● **TO DO**:
In the data below, retype exactly the line that contains "(IsFree-without_last_comma kind kept" and every line after it, through the last.

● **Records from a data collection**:
+ + + +

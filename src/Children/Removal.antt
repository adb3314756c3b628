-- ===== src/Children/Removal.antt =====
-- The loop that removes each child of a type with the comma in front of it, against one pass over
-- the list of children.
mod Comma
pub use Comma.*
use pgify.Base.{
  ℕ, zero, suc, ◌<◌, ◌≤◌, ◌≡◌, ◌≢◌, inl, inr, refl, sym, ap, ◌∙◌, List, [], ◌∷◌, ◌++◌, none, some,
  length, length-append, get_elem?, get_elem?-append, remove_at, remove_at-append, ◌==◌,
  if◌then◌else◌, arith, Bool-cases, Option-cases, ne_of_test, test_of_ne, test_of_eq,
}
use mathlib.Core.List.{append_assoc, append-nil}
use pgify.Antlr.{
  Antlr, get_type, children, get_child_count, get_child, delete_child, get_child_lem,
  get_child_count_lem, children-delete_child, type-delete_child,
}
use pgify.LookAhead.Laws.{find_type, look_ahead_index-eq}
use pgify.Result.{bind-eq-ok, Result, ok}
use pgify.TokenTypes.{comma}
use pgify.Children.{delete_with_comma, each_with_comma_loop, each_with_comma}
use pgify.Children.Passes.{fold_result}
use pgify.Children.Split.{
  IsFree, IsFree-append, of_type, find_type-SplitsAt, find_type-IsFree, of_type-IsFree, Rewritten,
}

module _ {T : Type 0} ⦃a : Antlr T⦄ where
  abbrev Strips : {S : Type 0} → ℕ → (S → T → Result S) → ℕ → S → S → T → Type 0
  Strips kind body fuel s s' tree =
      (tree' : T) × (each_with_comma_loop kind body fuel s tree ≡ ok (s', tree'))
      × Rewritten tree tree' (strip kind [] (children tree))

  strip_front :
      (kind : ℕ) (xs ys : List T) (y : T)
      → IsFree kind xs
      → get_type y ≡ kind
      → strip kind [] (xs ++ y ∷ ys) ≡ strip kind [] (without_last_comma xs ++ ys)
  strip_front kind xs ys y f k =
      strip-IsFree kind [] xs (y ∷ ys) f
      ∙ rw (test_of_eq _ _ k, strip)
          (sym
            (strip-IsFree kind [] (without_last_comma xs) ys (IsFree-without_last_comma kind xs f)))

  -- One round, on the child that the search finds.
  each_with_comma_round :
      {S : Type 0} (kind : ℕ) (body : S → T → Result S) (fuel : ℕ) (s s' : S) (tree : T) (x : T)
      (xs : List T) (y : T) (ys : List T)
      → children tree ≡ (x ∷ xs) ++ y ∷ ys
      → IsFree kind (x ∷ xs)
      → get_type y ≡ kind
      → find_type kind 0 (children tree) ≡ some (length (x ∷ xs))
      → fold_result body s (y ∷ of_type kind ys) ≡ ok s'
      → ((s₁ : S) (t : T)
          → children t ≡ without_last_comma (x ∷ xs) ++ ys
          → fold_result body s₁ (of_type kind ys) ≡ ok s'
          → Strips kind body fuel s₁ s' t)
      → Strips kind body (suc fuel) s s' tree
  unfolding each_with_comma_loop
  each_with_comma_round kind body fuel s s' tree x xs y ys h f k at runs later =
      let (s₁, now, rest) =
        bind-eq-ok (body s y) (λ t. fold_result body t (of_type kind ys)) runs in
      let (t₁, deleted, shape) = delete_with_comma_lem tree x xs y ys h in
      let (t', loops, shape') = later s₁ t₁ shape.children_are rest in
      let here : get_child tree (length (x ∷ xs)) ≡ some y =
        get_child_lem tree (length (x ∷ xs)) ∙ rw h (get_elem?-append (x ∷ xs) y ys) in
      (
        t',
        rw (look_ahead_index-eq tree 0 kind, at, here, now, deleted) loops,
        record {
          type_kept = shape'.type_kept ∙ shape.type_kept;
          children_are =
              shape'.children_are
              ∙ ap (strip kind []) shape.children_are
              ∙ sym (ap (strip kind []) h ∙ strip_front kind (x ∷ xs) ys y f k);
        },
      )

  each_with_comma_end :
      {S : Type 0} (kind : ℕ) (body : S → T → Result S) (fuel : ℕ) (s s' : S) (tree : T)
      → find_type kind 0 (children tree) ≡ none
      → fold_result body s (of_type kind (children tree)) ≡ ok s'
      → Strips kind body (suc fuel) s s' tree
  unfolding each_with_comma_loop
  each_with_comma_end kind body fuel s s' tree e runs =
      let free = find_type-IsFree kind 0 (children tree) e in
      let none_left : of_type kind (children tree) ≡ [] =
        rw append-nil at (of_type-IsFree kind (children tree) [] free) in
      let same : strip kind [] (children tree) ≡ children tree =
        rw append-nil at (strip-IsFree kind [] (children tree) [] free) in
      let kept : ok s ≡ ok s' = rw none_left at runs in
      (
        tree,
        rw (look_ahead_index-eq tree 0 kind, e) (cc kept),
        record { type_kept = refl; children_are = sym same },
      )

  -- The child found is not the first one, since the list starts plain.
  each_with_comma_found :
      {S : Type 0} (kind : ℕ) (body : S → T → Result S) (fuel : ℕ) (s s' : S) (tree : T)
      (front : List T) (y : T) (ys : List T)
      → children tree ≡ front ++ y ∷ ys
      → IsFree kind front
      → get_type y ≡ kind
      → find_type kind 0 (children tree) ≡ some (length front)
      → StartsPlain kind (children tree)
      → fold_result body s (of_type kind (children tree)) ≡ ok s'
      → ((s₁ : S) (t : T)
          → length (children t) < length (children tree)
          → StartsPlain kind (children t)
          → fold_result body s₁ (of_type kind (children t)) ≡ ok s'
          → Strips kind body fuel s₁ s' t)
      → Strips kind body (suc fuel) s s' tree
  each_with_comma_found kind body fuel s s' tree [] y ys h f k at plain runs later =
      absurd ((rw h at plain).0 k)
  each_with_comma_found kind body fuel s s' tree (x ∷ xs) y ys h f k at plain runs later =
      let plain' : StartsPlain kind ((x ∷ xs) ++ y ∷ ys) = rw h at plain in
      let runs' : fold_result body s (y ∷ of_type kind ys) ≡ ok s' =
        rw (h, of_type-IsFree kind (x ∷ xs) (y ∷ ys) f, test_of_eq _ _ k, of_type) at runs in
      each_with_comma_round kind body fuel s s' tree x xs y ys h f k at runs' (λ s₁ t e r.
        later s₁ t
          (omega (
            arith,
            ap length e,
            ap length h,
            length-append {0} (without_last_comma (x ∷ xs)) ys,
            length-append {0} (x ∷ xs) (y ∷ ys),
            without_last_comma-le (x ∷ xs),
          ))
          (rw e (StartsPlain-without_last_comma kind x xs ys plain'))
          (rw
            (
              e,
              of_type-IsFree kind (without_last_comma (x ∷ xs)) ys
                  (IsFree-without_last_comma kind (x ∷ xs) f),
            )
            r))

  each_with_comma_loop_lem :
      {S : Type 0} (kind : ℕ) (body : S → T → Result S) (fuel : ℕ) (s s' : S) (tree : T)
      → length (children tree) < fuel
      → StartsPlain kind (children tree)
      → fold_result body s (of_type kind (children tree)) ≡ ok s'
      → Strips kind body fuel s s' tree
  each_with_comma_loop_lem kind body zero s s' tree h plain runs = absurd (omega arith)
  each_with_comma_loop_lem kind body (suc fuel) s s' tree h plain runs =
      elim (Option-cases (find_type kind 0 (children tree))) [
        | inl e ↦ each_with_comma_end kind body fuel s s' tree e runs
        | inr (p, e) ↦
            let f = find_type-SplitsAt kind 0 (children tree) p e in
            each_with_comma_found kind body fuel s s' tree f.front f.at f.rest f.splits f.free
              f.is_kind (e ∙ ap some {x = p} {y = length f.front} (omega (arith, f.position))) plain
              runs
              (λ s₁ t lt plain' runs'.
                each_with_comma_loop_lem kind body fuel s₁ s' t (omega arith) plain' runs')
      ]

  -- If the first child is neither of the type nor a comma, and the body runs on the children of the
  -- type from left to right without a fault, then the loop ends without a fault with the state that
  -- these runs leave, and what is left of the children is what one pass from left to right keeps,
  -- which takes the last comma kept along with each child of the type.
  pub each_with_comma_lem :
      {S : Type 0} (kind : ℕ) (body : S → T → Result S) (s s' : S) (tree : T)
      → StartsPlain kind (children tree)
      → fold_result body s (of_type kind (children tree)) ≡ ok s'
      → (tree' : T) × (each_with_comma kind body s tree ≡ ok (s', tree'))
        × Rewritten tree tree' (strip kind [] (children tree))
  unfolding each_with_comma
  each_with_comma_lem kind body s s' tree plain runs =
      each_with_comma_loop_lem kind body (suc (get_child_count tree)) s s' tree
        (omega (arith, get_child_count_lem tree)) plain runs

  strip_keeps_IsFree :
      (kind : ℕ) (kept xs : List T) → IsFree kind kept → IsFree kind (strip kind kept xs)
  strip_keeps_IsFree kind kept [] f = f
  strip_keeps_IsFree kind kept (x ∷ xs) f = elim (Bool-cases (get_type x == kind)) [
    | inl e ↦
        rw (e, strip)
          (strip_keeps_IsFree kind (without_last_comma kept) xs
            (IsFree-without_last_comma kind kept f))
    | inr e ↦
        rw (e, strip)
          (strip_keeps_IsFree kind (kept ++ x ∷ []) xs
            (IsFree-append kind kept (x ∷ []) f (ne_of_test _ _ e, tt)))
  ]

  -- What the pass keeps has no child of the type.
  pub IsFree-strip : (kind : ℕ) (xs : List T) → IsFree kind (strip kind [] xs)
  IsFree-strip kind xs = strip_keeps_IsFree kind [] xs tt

+ + + +

● **ANSWER TO THIS PROBLEM**:
            (IsFree-without_last_comma kind kept f))
    | inr e ↦
        rw (e, strip)
          (strip_keeps_IsFree kind (kept ++ x ∷ []) xs
            (IsFree-append kind kept (x ∷ []) f (ne_of_test _ _ e, tt)))
  ]

  -- What the pass keeps has no child of the type.
  pub IsFree-strip : (kind : ℕ) (xs : List T) → IsFree kind (strip kind [] xs)
  IsFree-strip kind xs = strip_keeps_IsFree kind [] xs tt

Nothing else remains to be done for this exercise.